**Your assignment**
How many lines in the records below contain the word "EvidenceOps"? State that number and nothing more.

**Information**
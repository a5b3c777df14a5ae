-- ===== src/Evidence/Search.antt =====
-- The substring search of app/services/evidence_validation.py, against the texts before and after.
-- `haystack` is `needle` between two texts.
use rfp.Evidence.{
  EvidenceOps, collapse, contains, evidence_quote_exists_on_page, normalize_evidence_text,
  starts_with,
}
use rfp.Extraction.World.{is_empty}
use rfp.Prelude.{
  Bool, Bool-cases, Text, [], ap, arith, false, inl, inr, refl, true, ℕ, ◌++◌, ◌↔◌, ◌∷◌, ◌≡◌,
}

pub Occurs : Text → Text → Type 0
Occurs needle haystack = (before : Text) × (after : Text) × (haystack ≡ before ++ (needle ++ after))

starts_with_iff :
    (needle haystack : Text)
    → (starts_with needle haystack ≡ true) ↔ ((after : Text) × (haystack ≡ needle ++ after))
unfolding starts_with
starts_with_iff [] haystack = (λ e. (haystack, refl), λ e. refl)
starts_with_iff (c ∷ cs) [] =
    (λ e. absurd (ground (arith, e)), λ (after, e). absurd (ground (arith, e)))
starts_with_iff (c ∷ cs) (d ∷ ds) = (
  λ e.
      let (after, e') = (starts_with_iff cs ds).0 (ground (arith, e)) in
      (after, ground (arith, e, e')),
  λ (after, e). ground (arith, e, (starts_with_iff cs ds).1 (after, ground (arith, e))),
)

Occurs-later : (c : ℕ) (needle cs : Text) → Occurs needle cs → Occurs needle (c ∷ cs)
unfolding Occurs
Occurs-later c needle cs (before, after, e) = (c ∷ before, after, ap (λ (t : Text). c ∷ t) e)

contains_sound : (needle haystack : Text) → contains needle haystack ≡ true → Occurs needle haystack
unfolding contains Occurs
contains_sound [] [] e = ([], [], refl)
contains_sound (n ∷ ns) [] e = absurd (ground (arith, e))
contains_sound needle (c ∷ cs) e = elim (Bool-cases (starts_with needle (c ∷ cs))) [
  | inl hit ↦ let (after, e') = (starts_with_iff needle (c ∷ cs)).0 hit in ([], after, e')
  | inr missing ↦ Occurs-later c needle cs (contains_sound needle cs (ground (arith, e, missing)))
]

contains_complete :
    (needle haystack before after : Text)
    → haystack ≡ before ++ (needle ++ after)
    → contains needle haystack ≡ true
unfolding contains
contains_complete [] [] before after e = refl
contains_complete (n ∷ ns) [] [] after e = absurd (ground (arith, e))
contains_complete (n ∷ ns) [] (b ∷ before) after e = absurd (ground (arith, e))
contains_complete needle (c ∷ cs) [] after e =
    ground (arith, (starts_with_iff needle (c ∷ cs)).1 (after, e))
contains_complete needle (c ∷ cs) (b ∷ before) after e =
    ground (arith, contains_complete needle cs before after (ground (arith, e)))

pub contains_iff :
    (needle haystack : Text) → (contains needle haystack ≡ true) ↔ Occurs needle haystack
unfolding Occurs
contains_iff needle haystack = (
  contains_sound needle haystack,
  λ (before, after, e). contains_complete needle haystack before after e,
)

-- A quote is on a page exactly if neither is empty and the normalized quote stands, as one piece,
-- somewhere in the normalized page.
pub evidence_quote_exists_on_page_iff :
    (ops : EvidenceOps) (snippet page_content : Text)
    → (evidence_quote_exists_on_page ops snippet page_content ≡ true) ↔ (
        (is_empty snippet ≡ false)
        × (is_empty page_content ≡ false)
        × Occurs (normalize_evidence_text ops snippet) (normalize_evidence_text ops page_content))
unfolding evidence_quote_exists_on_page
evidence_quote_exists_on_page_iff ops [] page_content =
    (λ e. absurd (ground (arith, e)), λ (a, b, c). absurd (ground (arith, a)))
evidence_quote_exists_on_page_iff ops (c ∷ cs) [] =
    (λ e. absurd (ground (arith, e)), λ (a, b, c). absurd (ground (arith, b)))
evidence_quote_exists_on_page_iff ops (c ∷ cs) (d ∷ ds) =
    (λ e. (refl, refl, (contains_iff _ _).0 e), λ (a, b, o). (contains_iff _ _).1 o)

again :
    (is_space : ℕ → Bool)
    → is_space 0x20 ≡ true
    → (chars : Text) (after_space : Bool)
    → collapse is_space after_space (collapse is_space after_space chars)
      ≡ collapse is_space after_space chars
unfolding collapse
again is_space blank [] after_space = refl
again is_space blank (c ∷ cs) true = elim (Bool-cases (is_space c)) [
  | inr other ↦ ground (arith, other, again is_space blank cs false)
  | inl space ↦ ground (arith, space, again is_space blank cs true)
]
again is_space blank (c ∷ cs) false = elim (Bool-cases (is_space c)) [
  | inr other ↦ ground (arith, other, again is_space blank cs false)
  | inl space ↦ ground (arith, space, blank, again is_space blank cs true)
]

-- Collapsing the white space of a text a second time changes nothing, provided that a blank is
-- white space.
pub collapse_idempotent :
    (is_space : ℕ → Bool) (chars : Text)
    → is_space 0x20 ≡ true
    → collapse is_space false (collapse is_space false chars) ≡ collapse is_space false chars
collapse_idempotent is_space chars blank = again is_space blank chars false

**Reply to the task**
2